(Action item): Please set down the entries below once more, exactly.

(Data for this task):
■ ■ ■ ■

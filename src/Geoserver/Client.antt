-- ===== src/Geoserver/Client.antt =====
-- services/geoserver.py: `HonuaMigrationClient.request`.
use honua_migrate.Base.{
  ℕ, zero, suc, ◌||◌, List, [], ◌∷◌, ◌++◌, String, ◌<>◌, nat_eq, Option, none, some, if◌then◌else◌,
  ltb, contains,
}
use honua_migrate.Json.{Json, null, is_mapping}
use honua_migrate.Arcgis.Client.{
  Method, get_method, post_method, Call, Reply, raises, reply, redirects, retryable,
}

-- A JSON object, or a `MigrationError`
pub data Answer : Type 0 where
  answered : Json → Answer
  failed : Answer

-- What was asked in all, and the answer
pub record Done : Type 0 where
  pub answer : Answer
  pub calls : List Call

-- The attempt after which no other follows, or the one before `again`
abbrev pub or_again : Option Done → Done → Done
or_again none stop = stop
or_again (some again) stop = again

abbrev pub failing : List Call → Done
failing calls = record { answer = failed; calls = calls }

-- A body that does not parse raises a `ValueError`, which is tried again like a lost connection.
unfoldable pub after_body : Option Json → List Call → Option Done → Done
after_body none calls again = or_again again (failing calls)
after_body (some body) calls again =
    if is_mapping body then record { answer = answered body; calls = calls } else failing calls

unfoldable pub after_reply : Reply → List Call → Option Done → Done
unfolding after_body nat_eq
after_reply raises calls again = or_again again (failing calls)
after_reply (reply r) calls again =
    if r.is_redirect || contains redirects r.status
    then failing calls
    else if contains retryable r.status
    then or_again again (failing calls)
    else if ltb r.status 400
    then after_body r.payload calls again
    else failing calls

module _ (session : List Call → Call → Reply) (call : Call) where
  -- The loop, with `left` attempts after this one
  unfoldable pub request_loop : ℕ → List Call → Done
  unfolding after_reply
  request_loop zero calls = after_reply (session calls call) (calls ++ (call ∷ [])) none
  request_loop (suc left) calls =
      let again = request_loop left (calls ++ (call ∷ [])) in
      after_reply (session calls call) (calls ++ (call ∷ [])) (some again)

-- Only a GET is tried again.
abbrev pub retry_count : Method → ℕ → ℕ
retry_count get_method retries = retries
retry_count post_method retries = 0

unfoldable pub request : (List Call → Call → Reply) → ℕ → Call → List Call → Done
unfolding request_loop
request session retries call calls =
    request_loop session call (retry_count call.method retries) calls

abbrev pub job_call : String → Call
job_call job = record {
  method = get_method;
  path = "/api/v1/admin/import/geoserver/jobs/" <> job;
  payload = null;
}

abbrev pub start_call : Json → Call
start_call payload = record {
  method = post_method;
  path = "/api/v1/admin/import/geoserver/start";
  payload = payload;
}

■ ■ ■ ■

(Exercise answer):
filename src/Geoserver/Client.antt
-- ===== src/Geoserver/Client.antt =====
-- services/geoserver.py: `HonuaMigrationClient.request`.
use honua_migrate.Base.{
  ℕ, zero, suc, ◌||◌, List, [], ◌∷◌, ◌++◌, String, ◌<>◌, nat_eq, Option, none, some, if◌then◌else◌,
  ltb, contains,
}
use honua_migrate.Json.{Json, null, is_mapping}
use honua_migrate.Arcgis.Client.{
  Method, get_method, post_method, Call, Reply, raises, reply, redirects, retryable,
}

-- A JSON object, or a `MigrationError`
pub data Answer : Type 0 where
  answered : Json → Answer
  failed : Answer

-- What was asked in all, and the answer
pub record Done : Type 0 where
  pub answer : Answer
  pub calls : List Call

-- The attempt after which no other follows, or the one before `again`
abbrev pub or_again : Option Done → Done → Done
or_again none stop = stop
or_again (some again) stop = again

abbrev pub failing : List Call → Done
failing calls = record { answer = failed; calls = calls }

-- A body that does not parse raises a `ValueError`, which is tried again like a lost connection.
unfoldable pub after_body : Option Json → List Call → Option Done → Done
after_body none calls again = or_again again (failing calls)
after_body (some body) calls again =
    if is_mapping body then record { answer = answered body; calls = calls } else failing calls

unfoldable pub after_reply : Reply → List Call → Option Done → Done
unfolding after_body nat_eq
after_reply raises calls again = or_again again (failing calls)
after_reply (reply r) calls again =
    if r.is_redirect || contains redirects r.status
    then failing calls
    else if contains retryable r.status
    then or_again again (failing calls)
    else if ltb r.status 400
    then after_body r.payload calls again
    else failing calls

module _ (session : List Call → Call → Reply) (call : Call) where
  -- The loop, with `left` attempts after this one
  unfoldable pub request_loop : ℕ → List Call → Done
  unfolding after_reply
  request_loop zero calls = after_reply (session calls call) (calls ++ (call ∷ [])) none
  request_loop (suc left) calls =
      let again = request_loop left (calls ++ (call ∷ [])) in
      after_reply (session calls call) (calls ++ (call ∷ [])) (some again)

-- Only a GET is tried again.
abbrev pub retry_count : Method → ℕ → ℕ
retry_count get_method retries = retries
retry_count post_method retries = 0

unfoldable pub request : (List Call → Call → Reply) → ℕ → Call → List Call → Done
unfolding request_loop
request session retries call calls =
    request_loop session call (retry_count call.method retries) calls

abbrev pub job_call : String → Call
job_call job = record {
  method = get_method;
  path = "/api/v1/admin/import/geoserver/jobs/" <> job;
  payload = null;
}

abbrev pub start_call : Json → Call
start_call payload = record {
  method = post_method;
  path = "/api/v1/admin/import/geoserver/start";
  payload = payload;
}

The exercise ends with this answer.